Usai membantu bongkar muat barang material, salah seorang dari mereka menerima uang dan mencatat orang-orang yang ikut bongkar muat, lalu membagi rata uang hasil dari bongkar muat tersebut. Itulah rutinitas yang mereka lakukan setiap hari selama hampir dua pekan belakangan, di lokasi pembangunan ICS.
“Kami ini ‘harlan’, yaitu kuli bongkar muat barang bangunan,” tutur Sayuti (26), membuka obrolan dengan ACTNews, salah seorang pemuda Blang Adoe, yang selalu hadir mencari nafkah sebagai harlan.
Semenjak dimulainya pembangunan beberapa hari yang lalu, warga dari dua Desa yaitu dari Blang Adoe dan Jeulkat, selalu tampak hadir dari pagi hingga sore hari, standby di lokasi pembangunan ICS. Mereka tampak antusias dan semangat menyambut rejeki dari aktivitas mereka sebagai harlan.

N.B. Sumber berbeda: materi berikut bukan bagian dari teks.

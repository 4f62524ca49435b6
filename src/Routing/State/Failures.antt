-- ===== src/Routing/State/Failures.antt =====
-- routing-state.ts: what a repeated failure is.
use mathlib.Core.List.{append_assoc}
use ikimetr.LedgerEvents.{AttemptStatus}
use ikimetr.Prelude.{
  any, ◌==◌, ◌⊎◌, ◌↔◌, refl, ◌∙◌, ◌&&◌, none, Bool, false, All, All-map, keep-none, keep-first,
  keep-last, sym, ◌≡◌, ap, true, Option, some, List, [], ◌∷◌, ◌++◌, arith, keep, Text, text_Eq,
  text_eq_iff, inl, inr, Option-cases,
}
use ikimetr.Config.{Route, route_Eq, route_eq_iff}
use ikimetr.Routing.State.{
  RoutingAttemptEvidence, RoutingState, is_same_failure, join_hashes, last_two, same_outcome,
  has_repeated_failure, is_failure, is_text, of_request, insufficiency_reason,
  has_route_insufficiency,
}

last_two_lem {ℓ} :
    {A : Type ℓ} (l : List A) (a b : A)
    → last_two l ≡ some (a, b)
    → (front : List A) × (l ≡ front ++ a ∷ b ∷ [])
last_two_lem [] a b h = cc
last_two_lem (x ∷ []) a b h = cc
last_two_lem (x ∷ y ∷ []) a b h = ([], ground arith)
last_two_lem (x ∷ y ∷ z ∷ l) a b h =
    let (front, e) = last_two_lem (y ∷ z ∷ l) a b h in (x ∷ front, ap (λ t. x ∷ t) e)

-- A failed attempt with the error and the patch, at the request where one is asked for.
pub record SameFailure (error diff : Text) (request_hash : Option Text)
    (attempt : RoutingAttemptEvidence) : Type 0 where
  pub failed : (attempt.status ≡ AttemptStatus.failed) ⊎ (attempt.status ≡ AttemptStatus.blocked)
  pub error_fingerprint : attempt.error_fingerprint ≡ some error
  pub patch_hash : attempt.patch_hash ≡ some diff
  pub request : (hash : Text) → request_hash ≡ some hash → attempt.request_fingerprint ≡ hash

is_failure_lem :
    (s : AttemptStatus)
    → is_failure s ≡ true
    → (s ≡ AttemptStatus.failed) ⊎ (s ≡ AttemptStatus.blocked)
is_failure_lem s h = ground arith

is_text_lem : (o : Option Text) (t : Text) → (is_text o t ≡ true) ↔ (o ≡ some t)
is_text_lem none t = (λ h. cc, λ h. cc)
is_text_lem (some s) t = (λ h. ap some ((text_eq_iff s t).0 h), λ h. (text_eq_iff s t).1 (cc h))

all_of :
    (a b c d : Bool) → (a && b && c && d) ≡ true → (a ≡ true) × (b ≡ true) × (c ≡ true) × (d ≡ true)
all_of a b c d h = (ground arith, ground arith, ground arith, ground arith)

same_request :
    (o : Option Text) (attempt : RoutingAttemptEvidence)
    → of_request o attempt ≡ true
    → (hash : Text) → o ≡ some hash
    → attempt.request_fingerprint ≡ hash
same_request none attempt h hash e = cc
same_request (some t) attempt h hash e = (text_eq_iff attempt.request_fingerprint t).0 h ∙ cc e

is_same_failure-SameFailure :
    (error diff : Text) (request_hash : Option Text) (attempt : RoutingAttemptEvidence)
    → is_same_failure error diff request_hash attempt ≡ true
    → SameFailure error diff request_hash attempt
is_same_failure-SameFailure error diff request_hash attempt h =
    let (a, b, c, d) = all_of _ _ _ _ h in
    record {
      failed = is_failure_lem attempt.status a;
      error_fingerprint = (is_text_lem attempt.error_fingerprint error).0 b;
      patch_hash = (is_text_lem attempt.patch_hash diff).0 c;
      request = same_request request_hash attempt d;
    }

of_request_lem :
    (o : Option Text) (attempt : RoutingAttemptEvidence)
    → ((hash : Text) → o ≡ some hash → attempt.request_fingerprint ≡ hash)
    → of_request o attempt ≡ true
of_request_lem none attempt h = refl
of_request_lem (some t) attempt h = (text_eq_iff attempt.request_fingerprint t).1 (h t refl)

is_failed :
    (s : AttemptStatus)
    → (s ≡ AttemptStatus.failed) ⊎ (s ≡ AttemptStatus.blocked)
    → is_failure s ≡ true
is_failed s (inl e) = rw e refl
is_failed s (inr e) = rw e refl

no_failure :
    (error diff : Text) (request_hash : Option Text) (attempt : RoutingAttemptEvidence)
    → is_same_failure error diff request_hash attempt ≡ false
    → ¬ SameFailure error diff request_hash attempt
no_failure error diff request_hash attempt h f =
    let failed = is_failed attempt.status f.failed in
    let same_error = (is_text_lem attempt.error_fingerprint error).1 f.error_fingerprint in
    let same_patch = (is_text_lem attempt.patch_hash diff).1 f.patch_hash in
    let own = of_request_lem request_hash attempt f.request in ground arith

-- A failed attempt of a request on a route that gave a reason to escalate.
pub record Insufficient (route : Route) (hash reason : Text) (attempt : RoutingAttemptEvidence)
    : Type 0 where
  pub on_route : attempt.route ≡ route
  pub request : attempt.request_fingerprint ≡ hash
  pub failed : (attempt.status ≡ AttemptStatus.failed) ⊎ (attempt.status ≡ AttemptStatus.blocked)
  pub escalation : attempt.escalation_reason ≡ some reason

any-none {ℓ} : {A : Type ℓ} (p : A → Bool) (l : List A) → any p l ≡ false → All (λ x. p x ≡ false) l
any-none p [] h = tt
any-none p (x ∷ l) h = (ground arith, any-none p l (ground arith))

pub has_route_insufficiency-none :
    (state : RoutingState) (route : Route) (hash reason : Text)
    → insufficiency_reason route ≡ reason
    → has_route_insufficiency state route (some hash) ≡ false
    → All (λ a. ¬ Insufficient route hash reason a) state.attempts
unfolding has_route_insufficiency
has_route_insufficiency-none state route hash reason same h = All-map state.attempts sufficient (
    any-none
      (λ (attempt : RoutingAttemptEvidence).
        attempt.route == route
        && of_request (some hash) attempt
        && is_failure attempt.status
        && is_text attempt.escalation_reason (insufficiency_reason route))
      state.attempts h)
  where
    sufficient :
        (attempt : RoutingAttemptEvidence)
        → (attempt.route == route
            && of_request (some hash) attempt
            && is_failure attempt.status
            && is_text attempt.escalation_reason (insufficiency_reason route))
          ≡ false
        → ¬ Insufficient route hash reason attempt
    sufficient attempt e i =
        let there = (route_eq_iff attempt.route route).1 i.on_route in
        let own = (text_eq_iff attempt.request_fingerprint hash).1 i.request in
        let failed = is_failed attempt.status i.failed in
        let told =
          (is_text_lem attempt.escalation_reason (insufficiency_reason route)).1
            (i.escalation ∙ ap some (sym same)) in
        ground arith

-- The last two failures with the error and the patch, on one route and with the same evidence.
pub record Repeated (state : RoutingState) (error diff : Text) (request_hash : Option Text)
    : Type 0 where
  pub earlier : List RoutingAttemptEvidence
  pub previous : RoutingAttemptEvidence
  pub between : List RoutingAttemptEvidence
  pub latest : RoutingAttemptEvidence
  pub after : List RoutingAttemptEvidence
  pub attempts : state.attempts ≡ earlier ++ previous ∷ (between ++ latest ∷ after)
  pub first_failure : SameFailure error diff request_hash previous
  pub none_between : All (λ a. ¬ SameFailure error diff request_hash a) between
  pub second_failure : SameFailure error diff request_hash latest
  pub none_after : All (λ a. ¬ SameFailure error diff request_hash a) after
  pub same_route : previous.route ≡ latest.route
  pub same_evidence :
      join_hashes previous.verification_evidence_hashes
      ≡ join_hashes latest.verification_evidence_hashes

-- A failure counts as repeated only if the attempts hold two that failed with the error and the
-- patch, at the request where one is asked for, with no such attempt between them or after, on
-- one route and with the same joined evidence.
pub has_repeated_failure-Repeated :
    (state : RoutingState) (error diff : Text) (request_hash : Option Text)
    → has_repeated_failure state (some error) (some diff) request_hash ≡ true
    → Repeated state error diff request_hash
unfolding has_repeated_failure same_outcome
has_repeated_failure-Repeated state error diff request_hash h =
    let p = is_same_failure error diff request_hash in
    let found = is_same_failure-SameFailure error diff request_hash in
    let not_found = no_failure error diff request_hash in
    elim (Option-cases (last_two (keep p state.attempts))) [
      | inl few ↦ cc (rw (few, same_outcome) at h)
      | inr ((previous, latest), two) ↦
          let (kept, e) = last_two_lem _ previous latest two in
          let same = rw (two, same_outcome) at h in
          let (front, rest, split, e1) = keep-last p kept state.attempts _ e in
          let (skip, next, split1, p1, none1, e2) = keep-first p rest previous _ e1 in
          let (between, after, split2, p2, none2, e3) = keep-first p next latest [] e2 in
          record {
            earlier = front ++ skip;
            previous = previous;
            between = between;
            latest = latest;
            after = after;
            attempts =
                split
                ∙ ap (λ t. front ++ t) (split1 ∙ ap (λ t. skip ++ previous ∷ t) split2)
                ∙ sym (append_assoc front skip _);
            first_failure = found previous p1;
            none_between = All-map between not_found none2;
            second_failure = found latest p2;
            none_after = All-map after not_found (keep-none p after e3);
            same_route = (route_eq_iff previous.route latest.route).0 (ground arith);
            same_evidence = (text_eq_iff _ _).0 (ground arith);
          }
    ]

Pembangunan ICS di Desa Blang Adoe ini menjadi berkah buat warga sekitar.
“Alhamdulillah, kalau sedang banyak sehari bisa dapat 100.000 Pak,” ungkap Ari (24) warga Jeulkat. Sudah ada harga standar yang ditetapkan dan dipahami bersama antara harlan dengan pengangkut/penjual bahan bangunan. Satu ton kayu dan papan dihargai Rp.60.000, untuk satu asbes dan satu sak semen di hargai satunya Rp. 2000.
Setiap harinya para harlan ini hadir dengan jumlah yang beragam, kadang sedikit kadang banyak. “Paling sedikit kita hadir di sini 10 orang, tapi kadang bisa lebih 15, 20, sampai 30 orang,” tutur Sayuti, yang mengaku semakin sedikit para harlan yang hadir, maka penghasilannya pun semakin besar.

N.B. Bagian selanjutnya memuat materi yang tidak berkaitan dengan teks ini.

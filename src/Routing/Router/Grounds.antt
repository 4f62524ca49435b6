-- ===== src/Routing/Router/Grounds.antt =====
-- cost-router.ts: the grounds of a decision for a route, said of the request, the configuration and the
-- events of the ledger.
use mathlib.Core.Path.{subst}
use ikimetr.Prelude.{
  ◌≤◌, ◌≡◌, ◌≢◌, refl, sym, ◌∙◌, ap, arith, Bool, true, false, ◌&&◌, not, Option, none, some, List,
  [], ◌∷◌, ◌++◌, All, Text, text, ok, ◌==◌,
}
use ikimetr.Config.{
  ProviderId, DataClass, PricingStatus, PricingSnapshot, provider_id_Eq, data_class_Eq, route_Eq,
}
use ikimetr.Pricing.{ResolvedPricing, find_snapshot, resolve}
use ikimetr.LedgerEvents.{ApprovalDecision, LedgerEvent}
use ikimetr.Budget.Replay.{is_local}
use ikimetr.Budget.Prepare.{is_automatic}
use ikimetr.Budget.Controller.Quote.{Quote, BudgetQuoteResult}
use ikimetr.Routing.Codes.{ApprovalScope}
use ikimetr.Routing.Policy.{
  RequestDataClass, PrimaryAgent, TaskRoutingRequest, Permitted, includes, route_rank,
  evaluate_route_policy, evaluate_route_policy_iff,
}
use ikimetr.Routing.State.{
  ProviderHealthState, EffectiveApprovalState, RoutingState, derive_routing_state, or_unknown,
  or_missing, scope_name, insufficiency_reason, has_route_insufficiency, get_approval_state,
}
use ikimetr.Routing.State.Latest.{
  latest_health, latest_approval, get_provider_health-latest, get_approval_state-latest,
}
use ikimetr.Routing.State.Failures.{Insufficient, has_route_insufficiency-none}
use ikimetr.Routing.Draft.{RoutingDecisionDraft}
use ikimetr.Routing.Router.{ProviderRoute, to_route, to_decision_route}
use ikimetr.Routing.Router.Approval.{
  route_scope, is_local_route, is_sensitive, is_claude_agent, scope_if, required_scopes,
}
use ikimetr.Routing.Router.Granted.{Granted}
use ikimetr.Routing.Router.Provider.{CostRouter, quote_request_of}
use ikimetr.Routing.Router.Cache.{RoutingRuntimeContext}
use ikimetr.Routing.Router.Evaluate.{is_strong, skip_route}
use ikimetr.Routing.Router.Choice.{Reached}

-- The last event of the ledger on the task and the scope approves.
abbrev pub Approved : List LedgerEvent → Text → ApprovalScope → Type 0
Approved file task scope =
    latest_approval task (scope_name scope) file ≡ some ApprovalDecision.approved

-- The approvals that a provider on a route takes.
pub record Approvals (router : CostRouter) (request : TaskRoutingRequest) (file : List LedgerEvent)
    (route : ProviderRoute) (provider : ProviderId) : Type 0 where
  pub local :
      route ≡ ProviderRoute.local
      → (router.config.routes (to_route route)).approval_required ≡ false
  pub cheap_cloud :
      route ≡ ProviderRoute.cheap_cloud
      → (router.config.routes (to_route route)).approval_required ≡ true
      → Approved file request.task_id ApprovalScope.cheap_cloud
  pub strong :
      route ≡ ProviderRoute.strong
      → (router.config.routes (to_route route)).approval_required ≡ true
      → Approved file request.task_id ApprovalScope.strong
  pub sensitive :
      request.data_class ≡ RequestDataClass.allowable DataClass.sensitive
      → route ≢ ProviderRoute.local
      → Approved file request.task_id ApprovalScope.sensitive_cloud
  pub secondary :
      provider ≡ ProviderId.claude
      → request.manual_primary_agent ≢ some PrimaryAgent.claude
      → Approved file request.task_id ApprovalScope.secondary_claude

-- The reason that an attempt on a route gives for going to the next.
abbrev pub escalation_text : ProviderRoute → Text
escalation_text ProviderRoute.local = text "local-insufficient"
escalation_text _ = text "cheap-insufficient"

-- What a decision that selects a provider of a route rests on.
pub record Chosen (router : CostRouter) (request : TaskRoutingRequest)
    (context : RoutingRuntimeContext) (file : List LedgerEvent) (d : RoutingDecisionDraft)
    (route : ProviderRoute) : Type 0 where
  pub provider : ProviderId
  pub candidate : d.provider_candidate ≡ some provider
  pub on_route : d.route ≡ some (to_decision_route route)
  pub listed : includes provider (router.config.routes (to_route route)).providers ≡ true
  pub asked : includes (to_route route) request.allowed_routes ≡ true
  pub ranked : route_rank (to_route route) ≤ route_rank request.max_route
  pub sufficient :
      route ≢ ProviderRoute.strong
      → All
          (λ a.
            ¬ Insufficient
              (to_route route)
              (router.hashing.hash_request request)
              (escalation_text route)
              a)
          (derive_routing_state file request.task_id).attempts
  pub permitted : Permitted (router.config.providers provider) request provider
  pub model : Text
  pub has_model : (router.config.providers provider).model ≡ some model
  pub healthy : or_unknown (latest_health provider model file) ≡ ProviderHealthState.healthy
  pub snapshot : PricingSnapshot
  pub listed_price : find_snapshot provider router.config.pricing_snapshots ≡ some snapshot
  pub known_price : snapshot.status ≡ PricingStatus.known
  pub pricing : ResolvedPricing
  pub resolved :
      resolve router.pricing (record {
        provider = provider;
        model = model;
        automatic = is_automatic (router.config.providers provider).invocation_mode;
        cloud = not (is_local provider);
      })
      ≡ ok pricing
  pub data_class : DataClass
  pub not_secret : request.data_class ≡ RequestDataClass.allowable data_class
  pub quoted : Quote
  pub budget :
      router.quote (
        quote_request_of router request context.retry context.estimated_input_tokens route
          data_class provider model)
      ≡ ok (BudgetQuoteResult.allowed quoted)
  pub approvals : Approvals router request file route provider

All-append {ℓ κ} : {A : Type ℓ} (P : A → Type κ) (l r : List A) → All P (l ++ r) → All P l × All P r
All-append P [] r h = (tt, h)
All-append P (x ∷ l) r (h, t) = let (a, b) = All-append P l r t in ((h, a), b)

scope_of :
    (file : List LedgerEvent) (task : Text) (b : Bool) (scope : ApprovalScope)
    → All (Granted (derive_routing_state file task)) (scope_if b (some scope))
    → b ≡ true
    → Approved file task scope
scope_of file task false scope h e = cc
scope_of file task true scope (g, _) e =
    let same : g.scope ≡ scope = cc (g.is_scope) in
    decided (latest_approval task (scope_name scope) file) (
      sym (get_approval_state-latest file task scope)
      ∙ ap (get_approval_state (derive_routing_state file task)) (sym same)
      ∙ g.approved)
  where
    decided :
        (o : Option ApprovalDecision)
        → or_missing o ≡ EffectiveApprovalState.decided ApprovalDecision.approved
        → o ≡ some ApprovalDecision.approved
    decided none q = cc
    decided (some d) q = cc

no_scope : (state : RoutingState) (b : Bool) → All (Granted state) (scope_if b none) → b ≡ false
no_scope state false h = refl
no_scope state true (g, _) = absurd (cc (g.is_scope))

not_local : (route : ProviderRoute) → route ≢ ProviderRoute.local → is_local_route route ≡ false
not_local ProviderRoute.local h = absurd (h refl)
not_local ProviderRoute.cheap_cloud h = refl
not_local ProviderRoute.strong h = refl

not_claude : (o : Option PrimaryAgent) → o ≢ some PrimaryAgent.claude → is_claude_agent o ≡ false
not_claude none h = refl
not_claude (some PrimaryAgent.claude) h = absurd (h refl)
not_claude (some PrimaryAgent.codex) h = refl

required_scopes-Approvals :
    (router : CostRouter) (request : TaskRoutingRequest) (file : List LedgerEvent)
    (route : ProviderRoute) (provider : ProviderId)
    → All
        (Granted (derive_routing_state file request.task_id))
        (required_scopes router.config request route provider)
    → Approvals router request file route provider
unfolding required_scopes
required_scopes-Approvals router request file route provider h =
    let task = request.task_id in
    let state = derive_routing_state file task in
    let required = (router.config.routes (to_route route)).approval_required in
    let class = is_sensitive request.data_class && not (is_local_route route) in
    let other =
      provider == ProviderId.claude && not (is_claude_agent request.manual_primary_agent) in
    let (own, rest) = All-append (Granted state) (scope_if required (route_scope route)) _ h in
    let (cloud, second) =
      All-append (Granted state) (scope_if class (some ApprovalScope.sensitive_cloud)) _ rest in
    record {
      local = λ e.
          no_scope state required
            (subst (λ r. All (Granted state) (scope_if required (route_scope r))) e own);
      cheap_cloud = λ e.
          scope_of file task required ApprovalScope.cheap_cloud
            (subst (λ r. All (Granted state) (scope_if required (route_scope r))) e own);
      strong = λ e.
          scope_of file task required ApprovalScope.strong
            (subst (λ r. All (Granted state) (scope_if required (route_scope r))) e own);
      sensitive = λ e n.
          scope_of file task class ApprovalScope.sensitive_cloud cloud
            (rw (e, not_local route n) refl);
      secondary = λ e n.
          scope_of file task other ApprovalScope.secondary_claude second
            (rw (e, not_claude request.manual_primary_agent n) refl);
    }

-- A route that is tried is admitted, and not known to be insufficient.
tried_lem :
    (router : CostRouter) (request : TaskRoutingRequest) (state : RoutingState)
    (route : ProviderRoute)
    → skip_route router request state route ≡ none
    → ((evaluate_route_policy request (to_route route)).allowed ≡ true)
      × (is_strong route ≡ false
          → has_route_insufficiency state
              (to_route route)
              (some (router.hashing.hash_request request))
            ≡ false)
unfolding skip_route
tried_lem router request state route h = (ground arith, λ e. ground arith)

not_strong : (route : ProviderRoute) → route ≢ ProviderRoute.strong → is_strong route ≡ false
not_strong ProviderRoute.local h = refl
not_strong ProviderRoute.cheap_cloud h = refl
not_strong ProviderRoute.strong h = absurd (h refl)

escalation_lem :
    (route : ProviderRoute)
    → route ≢ ProviderRoute.strong
    → insufficiency_reason (to_route route) ≡ escalation_text route
escalation_lem ProviderRoute.local h = refl
escalation_lem ProviderRoute.cheap_cloud h = refl
escalation_lem ProviderRoute.strong h = absurd (h refl)

pub Reached-Chosen :
    (router : CostRouter) (request : TaskRoutingRequest) (context : RoutingRuntimeContext)
    (file : List LedgerEvent) (d : RoutingDecisionDraft) (route : ProviderRoute)
    → Reached router request context (derive_routing_state file request.task_id) d route
    → Chosen router request context file d route
Reached-Chosen router request context file d route r =
    let state = derive_routing_state file request.task_id in
    let s = r.selected in
    let (admitted, tried) = tried_lem router request state route r.tried in
    let (asked, ranked) = (evaluate_route_policy_iff request (to_route route)).0 admitted in
    record {
      provider = r.provider;
      candidate = r.candidate;
      on_route = r.on_route;
      listed = r.listed;
      asked = asked;
      ranked = ranked;
      sufficient = λ n.
          has_route_insufficiency-none state (to_route route) (router.hashing.hash_request request)
            (escalation_text route) (escalation_lem route n) (tried (not_strong route n));
      permitted = s.permitted;
      model = s.model;
      has_model = s.has_model;
      healthy =
          sym (get_provider_health-latest file request.task_id r.provider s.model) ∙ s.healthy;
      snapshot = s.snapshot;
      listed_price = s.listed_price;
      known_price = s.known_price;
      pricing = s.pricing;
      resolved = s.resolved;
      data_class = s.data_class;
      not_secret = s.not_secret;
      quoted = s.quoted;
      budget = s.budget;
      approvals = required_scopes-Approvals router request file route r.provider s.approvals;
    }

Sayuti dan beberapa pemuda lainnnya memang tidak bekerja menetap, mereka bekerja serabutan. Kadang menjadi buruh bangunan, menjadi harlan di berbagai tempat saat sedang ada proyek pembangunan.
“Pekerjaan saya ‘wetwet’ (mutar-mutar) menjadi harlan, selain di lokasi ICS ini, kami juga bekeja sebagai harlan di proyek pembangunan perumahan PNS di Jeulkat,” jelasnya.
Perekonomian di sekitar pembangunan ICS di Desa Blang Adoe seperti ‘berdetak kencang’, karena warga sekitar merasakan berkah dan manfaatnya dalam proses pembangunan ICS ini.
Para harlan bisa mengais rejeki, warung–warung kopi menjadi ramai dikunjungi pembeli, dan memang sudah menjadi ‘protap’ ACT dalam setiap proses pembangunan ICS selalu melibatkan masyarakat sekitar. Entah itu menjadi relawan tukang maupun menjadikan warung-warung (warkop atau kelontongan) sekitar lokasi menjadi mitra.
“Sebagian dari mereka adalah warga lokal disini, selain diambil dari berbagai daerah yang memang sudah profesional membangun ICS bersama ACT,” tegas Rosman, Kepala Tim Tukang Pembangunan ICS-ACT.
Tidak hanya kaum adamnya, kaum hawanya pun dilibatkan membabat lahan yang penuh semak belukar. Puluhan ibu-ibu pada awal pembangunan membabat habis semak-semak belukar yang sudah meninggi.
Gampong Blang Adoe dan sekitarnya selama ini dikenal sebagai basis GAM (Gerakan Aceh Merdeka) dan menjadi tempat bentroknya aparat dengan kelompok tersebut. Namun pascabencana Tsunami akhir 2006 lalu semua pihak bersepakat damai dan hingga saat ini, alhamdulillah sudah tidak pernah ada lagi pertikaian.
Dalam isu Rohingya ini tampak nuansa solidaritas yang tinggi dari warga Aceh, khususnya Kabupaten Aceh Timur dan Kabupaten Aceh Utara. Solidaritas itu ditunjukkan mulai dari Pemerintahan lokalnya, Keuchik hingga masyarakat. “Kami dukung sepenuhnya proyek pembangunan shelter untuk saudara kami muslim Rohingya ini, mereka saudara seiman dengan kami,” ujar Ari.